Alastair Patterson, 59, of Parkanaur Road, Castlecaulfield, and Edmund Wiltshire, 61, of Reaghan Road, Dunmullan near Omagh, deny 18 corruption charges.
Mr Patterson, a former Ulster Unionist Party chief executive, also denied charges of theft, forgery and false accounting.
The judge at Dungannon Crown Court adjourned the case until the new year.
'Cash and alcohol'
Mr Wiltshire denied a total of 11 corruption charges, allegedly bribing Mr Patterson and other electoral officers with cash and alcohol to win the contracts to collect ballot boxes and deliver screens to various polling stations.
The charges include alleged corruption in relation to the ballot box and screen contracts for general elections, European elections, assembly elections and the referendum on the Good Friday Agreement.
In the indictment, it is alleged that Mr Wiltshire initially bribed Mr Patterson with £30 in cash and a bottle of vodka for the contract for the 1987 general election.
It alleges that by the assembly election in 1998, Mr Patterson was receiving a bribe of £1,000 in cash.

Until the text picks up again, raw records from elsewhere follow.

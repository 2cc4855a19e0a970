-- ===== src/Cipher/Authentic.antt =====
-- What `decrypt_available` accepts was encrypted by the holder of the key, in this order.
use openairplay.Prelude.{
  ℕ, zero, suc, ◌+◌, ◌/◌, ◌%◌, ◌≤◌, ◌≡◌, refl, sym, ap, ◌∙◌, some, none, List, [], ◌∷◌, ◌++◌,
  append_assoc, length, take, drop, All, All-drop, drop-add, take-append-drop, length-take,
  length-drop, flatten, Bytes, IsByte, from_le16, arith,
}
use openairplay.Aead.{Aead, AeadLaws}
use openairplay.Cipher.{
  Encryptor, Decryptor, nonce_for, tag_len, encrypt_block, encrypt_blocks, decrypt_available,
}
use openairplay.Cipher.Frames.{
  Answer, after, next, opened, View, partial, refused, opens, view, available_partial,
  available_refused, available_opened,
}
use openairplay.Cipher.Stream.{peer}

abbrev mirror : Decryptor → Encryptor
mirror d = record { key = d.key; counter = d.counter }

module _ (aead : Aead) where
  -- The bytes used are the blocks of some plaintexts, encrypted from this counter on, with no gap.
  pub record Sent (d : Decryptor) (input plain : Bytes) (used : ℕ) (d' : Decryptor) : Type 0 where
    pub blocks : List Bytes
    pub frames : input ≡ (encrypt_blocks aead (mirror d) blocks).0 ++ drop used input
    pub plaintext : plain ≡ flatten blocks
    pub state : d' ≡ peer (encrypt_blocks aead (mirror d) blocks).1

  abbrev pub IsAuthentic : Decryptor → Bytes → Answer → Type 0
  IsAuthentic d input (none, d') = Unit
  IsAuthentic d input (some (plain, used), d') = Sent d input plain used d'

  module _ (laws : AeadLaws aead) where
    opened-encrypt_block :
        (d : Decryptor) (b0 b1 : ℕ) (rest pt : Bytes)
        → IsByte b0
        → IsByte b1
        → from_le16 b0 b1 + tag_len ≤ length rest
        → opened aead d b0 b1 rest ≡ some pt
        → b0 ∷ b1 ∷ take (from_le16 b0 b1 + tag_len) rest ≡ encrypt_block aead (mirror d) pt
    unfolding encrypt_block
    opened-encrypt_block d b0 b1 rest pt h0 h1 h e =
        let n = from_le16 b0 b1 + tag_len in
        let ct =
          laws.encrypt-decrypt d.key (nonce_for d.counter) (b0 ∷ b1 ∷ []) (take n rest) pt e in
        let size : length pt ≡ from_le16 b0 b1 = omega (
          arith,
          ap (λ (c : Bytes). length c) ct,
          length-take n rest,
          laws.length-encrypt d.key (nonce_for d.counter) (b0 ∷ b1 ∷ []) pt,
        ) in
        let lo : length pt % 256 ≡ b0 = omega (arith, size) in
        let hi : length pt / 256 % 256 ≡ b1 = omega (arith, size) in
        rw (lo, hi) (ap (λ (c : Bytes). b0 ∷ b1 ∷ c) ct)

    Sent-cons :
        (d : Decryptor) (b0 b1 : ℕ) (rest pt plain : Bytes) (used : ℕ) (d' : Decryptor)
        → b0 ∷ b1 ∷ take (from_le16 b0 b1 + tag_len) rest ≡ encrypt_block aead (mirror d) pt
        → Sent (next d) (drop (from_le16 b0 b1 + tag_len) rest) plain used d'
        → Sent d (b0 ∷ b1 ∷ rest) (pt ++ plain) (2 + from_le16 b0 b1 + tag_len + used) d'
    unfolding encrypt_blocks
    Sent-cons d b0 b1 rest pt plain used d' block s = record {
      blocks = pt ∷ s.blocks;
      frames =
          ap (λ (r : Bytes). b0 ∷ b1 ∷ r) (sym (take-append-drop n rest))
          ∙ ap (λ (r : Bytes). r ++ tail) block
          ∙ ap (λ (r : Bytes). encrypt_block aead (mirror d) pt ++ r) s.frames
          ∙ sym (append_assoc (encrypt_block aead (mirror d) pt) out (drop used tail))
          ∙ ap (λ (r : Bytes). (encrypt_block aead (mirror d) pt ++ out) ++ r) (sym skip);
      plaintext = ap (λ (r : Bytes). pt ++ r) s.plaintext;
      state = s.state;
    }
      where
        n : ℕ
        n = from_le16 b0 b1 + tag_len

        tail : Bytes
        tail = drop n rest

        out : Bytes
        out = (encrypt_blocks aead (mirror (next d)) s.blocks).0

        sum : 2 + from_le16 b0 b1 + tag_len + used ≡ suc (suc (n + used))
        sum = omega arith

        skip : drop (2 + from_le16 b0 b1 + tag_len + used) (b0 ∷ b1 ∷ rest) ≡ drop used tail
        skip = ap (λ (k : ℕ). drop k (b0 ∷ b1 ∷ rest)) sum ∙ drop-add n used rest

    IsAuthentic-after :
        (d : Decryptor) (b0 b1 : ℕ) (rest pt : Bytes) (r : Answer)
        → b0 ∷ b1 ∷ take (from_le16 b0 b1 + tag_len) rest ≡ encrypt_block aead (mirror d) pt
        → IsAuthentic (next d) (drop (from_le16 b0 b1 + tag_len) rest) r
        → IsAuthentic d (b0 ∷ b1 ∷ rest) (after pt (2 + from_le16 b0 b1 + tag_len) r)
    IsAuthentic-after d b0 b1 rest pt (none, d') block s = tt
    IsAuthentic-after d b0 b1 rest pt (some (plain, used), d') block s =
        Sent-cons d b0 b1 rest pt plain used d' block s

    available-IsAuthentic :
        (fuel : ℕ) (d : Decryptor) (input : Bytes)
        → View aead d input
        → All IsByte input
        → length input ≤ fuel
        → IsAuthentic d input (decrypt_available aead d input)
    unfolding encrypt_blocks
    available-IsAuthentic fuel d input (partial h) hb hf =
        rw (available_partial aead d input h)
          (record { blocks = []; frames = refl; plaintext = refl; state = refl })
    available-IsAuthentic fuel d _ (refused {b0} {b1} {rest} h e) hb hf =
        rw (available_refused aead d b0 b1 rest h e) tt
    available-IsAuthentic zero d _ (opens {b0} {b1} {rest} pt h e) hb hf = absurd (omega arith)
    available-IsAuthentic (suc fuel) d _ (opens {b0} {b1} {rest} pt h e) hb hf =
        let n = from_le16 b0 b1 + tag_len in
        let tail = drop n rest in
        rw (available_opened aead d b0 b1 rest pt h e) (
          IsAuthentic-after d b0 b1 rest pt (decrypt_available aead (next d) tail)
            (opened-encrypt_block d b0 b1 rest pt hb.0 hb.1.0 h e)
            (available-IsAuthentic fuel (next d) tail (view aead (next d) tail)
              (All-drop IsByte n rest hb.1.1) (omega (arith, length-drop n rest))))

    -- Whatever `decrypt_available` accepts is what an encryptor with the same key and counter makes
    -- of some blocks in this order: nothing is injected, replayed, dropped or reordered. The
    -- plaintext is those blocks, and the counter has moved past them.
    pub decrypt_available-IsAuthentic :
        (d : Decryptor) (input : Bytes)
        → All IsByte input
        → IsAuthentic d input (decrypt_available aead d input)
    decrypt_available-IsAuthentic d input hb =
        available-IsAuthentic (length input) d input (view aead d input) hb (omega arith)
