-- ===== src/Cipher/Pieces.antt =====
-- `decrypt_available` on a stream that arrives in pieces.
use openairplay.Prelude.{
  ℕ, zero, suc, ◌+◌, ◌≤◌, ◌≡◌, refl, sym, ap, ◌∙◌, some, none, [], ◌∷◌, ◌++◌, length, drop,
  length-append, take-append_le, drop-append_le, drop-add, length-drop, Bytes, from_le16, arith,
}
use openairplay.Aead.{Aead}
use openairplay.Cipher.{Decryptor, tag_len, nonce_for, decrypt_available}
use openairplay.Cipher.Frames.{
  IsPartial, Answer, after, next, after-after, after_nothing, View, partial, refused, opens, view,
  available_partial, available_refused, available_opened,
}

module _ (aead : Aead) where
  -- More bytes behind those that an answer is about.
  unfoldable pub continue : Answer → Bytes → Bytes → Answer
  continue (none, d) a b = (none, d)
  continue (some (p, n), d) a b = after p n (decrypt_available aead d (drop n a ++ b))

  continue-after :
      (plain : Bytes) (pos : ℕ) (r : Answer) (a b : Bytes)
      → continue (after plain pos r) a b ≡ after plain pos (continue r (drop pos a) b)
  unfolding continue
  continue-after plain pos (none, d) a b = refl
  continue-after plain pos (some (p, n), d) a b =
      rw (drop-add pos n a)
        (sym (after-after plain p pos n (decrypt_available aead d (drop n (drop pos a) ++ b))))

  drop_block : (n b0 b1 : ℕ) (rest : Bytes) → drop (2 + n) (b0 ∷ b1 ∷ rest) ≡ drop n rest
  drop_block n b0 b1 rest =
      let two : 2 + n ≡ suc (suc n) = omega arith in ap (λ (k : ℕ). drop k (b0 ∷ b1 ∷ rest)) two

  append-continue :
      (fuel : ℕ) (d : Decryptor) (a b : Bytes)
      → View aead d a
      → length a ≤ fuel
      → decrypt_available aead d (a ++ b) ≡ continue (decrypt_available aead d a) a b
  append-continue fuel d a b (partial h) hf = sym (
      ap (λ (r : Answer). continue r a b) (available_partial aead d a h)
      ∙ unfold continue in after_nothing (decrypt_available aead d (a ++ b)))
  append-continue fuel d _ b (refused {b0} {b1} {rest} h e) hf =
      let len = from_le16 b0 b1 + tag_len in
      available_refused aead d b0 b1 (rest ++ b) (omega (arith, length-append rest b)) (
        ap (λ (c : Bytes). aead.decrypt d.key (nonce_for d.counter) (b0 ∷ b1 ∷ []) c)
          (take-append_le len rest b h)
        ∙ e)
      ∙ sym (
          ap (λ (r : Answer). continue r (b0 ∷ b1 ∷ rest) b)
            (available_refused aead d b0 b1 rest h e)
          ∙ unfold continue in refl)
  append-continue zero d _ b (opens {b0} {b1} {rest} pt h e) hf = absurd (omega arith)
  append-continue (suc fuel) d _ b (opens {b0} {b1} {rest} pt h e) hf =
      let len = from_le16 b0 b1 + tag_len in
      let n = 2 + from_le16 b0 b1 + tag_len in
      let tail = drop len rest in
      let later = decrypt_available aead (next d) tail in
      let skip : drop n (b0 ∷ b1 ∷ rest) ≡ tail =
        ap (λ (k : ℕ). drop k (b0 ∷ b1 ∷ rest)) (omega arith) ∙ drop_block len b0 b1 rest in
      available_opened aead d b0 b1 (rest ++ b) pt (omega (arith, length-append rest b)) (
        ap (λ (c : Bytes). aead.decrypt d.key (nonce_for d.counter) (b0 ∷ b1 ∷ []) c)
          (take-append_le len rest b h)
        ∙ e)
      ∙ ap (λ (r : Bytes). after pt n (decrypt_available aead (next d) r))
          (drop-append_le len rest b h)
      ∙ ap (after pt n) (
          append-continue fuel (next d) tail b (view aead (next d) tail)
            (omega (arith, length-drop len rest)))
      ∙ ap (λ (r : Bytes). after pt n (continue later r b)) (sym skip)
      ∙ sym (continue-after pt n later (b0 ∷ b1 ∷ rest) b)
      ∙ ap (λ (r : Answer). continue r (b0 ∷ b1 ∷ rest) b)
          (sym (available_opened aead d b0 b1 rest pt h e))

  -- Where a stream is cut does not matter: to decrypt `a`, keep the bytes that are not used, and go
  -- on with them and `b`, is to decrypt `a ++ b`, in success and in failure.
  pub decrypt_available-append :
      (d : Decryptor) (a b : Bytes)
      → decrypt_available aead d (a ++ b) ≡ continue (decrypt_available aead d a) a b
  decrypt_available-append d a b = append-continue (length a) d a b (view aead d a) (omega arith)

  -- What an answer leaves of its input.
  abbrev pub Settled : Answer → Bytes → Type 0
  Settled (none, d) a = Unit
  Settled (some (p, n), d) a = IsPartial (drop n a) × (n ≤ length a)

  Settled-after :
      (plain : Bytes) (pos : ℕ) (r : Answer) (a : Bytes)
      → pos ≤ length a
      → Settled r (drop pos a)
      → Settled (after plain pos r) a
  Settled-after plain pos (none, d) a h s = tt
  Settled-after plain pos (some (p, n), d) a h s =
      (rw (drop-add pos n a) s.0, omega (arith, length-drop pos a, s.1))

  Settled-fuel :
      (fuel : ℕ) (d : Decryptor) (a : Bytes)
      → View aead d a
      → length a ≤ fuel
      → Settled (decrypt_available aead d a) a
  Settled-fuel fuel d a (partial h) hf = rw (available_partial aead d a h) (h, omega arith)
  Settled-fuel fuel d _ (refused {b0} {b1} {rest} h e) hf =
      rw (available_refused aead d b0 b1 rest h e) tt
  Settled-fuel zero d _ (opens {b0} {b1} {rest} pt h e) hf = absurd (omega arith)
  Settled-fuel (suc fuel) d _ (opens {b0} {b1} {rest} pt h e) hf =
      let len = from_le16 b0 b1 + tag_len in
      let n = 2 + from_le16 b0 b1 + tag_len in
      let tail = drop len rest in
      let skip : drop n (b0 ∷ b1 ∷ rest) ≡ tail =
        ap (λ (k : ℕ). drop k (b0 ∷ b1 ∷ rest)) (omega arith) ∙ drop_block len b0 b1 rest in
      rw (available_opened aead d b0 b1 rest pt h e) (
        Settled-after pt n (decrypt_available aead (next d) tail) (b0 ∷ b1 ∷ rest) (omega arith) (
          rw skip (
            Settled-fuel fuel (next d) tail (view aead (next d) tail)
              (omega (arith, length-drop len rest)))))

  -- A successful answer has used whole blocks, and every one there is: what is left is the beginning
  -- of a block.
  pub decrypt_available-Settled :
      (d : Decryptor) (a : Bytes) → Settled (decrypt_available aead d a) a
  decrypt_available-Settled d a = Settled-fuel (length a) d a (view aead d a) (omega arith)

Mr Patterson's defence QC told the judge on Friday that "substantial legal issues" needed to be addressed before any trial date could be set.
The pair were released on continuing bail by the judge, who adjourned the case until the new year when the legal applications and arguments will be heard.
Before he was the UUP's chief executive, Mr Patterson was best known as the returning officer who declared IRA hunger striker Bobby Sands's victory in the Fermanagh-South Tyrone Westminster election in 1981.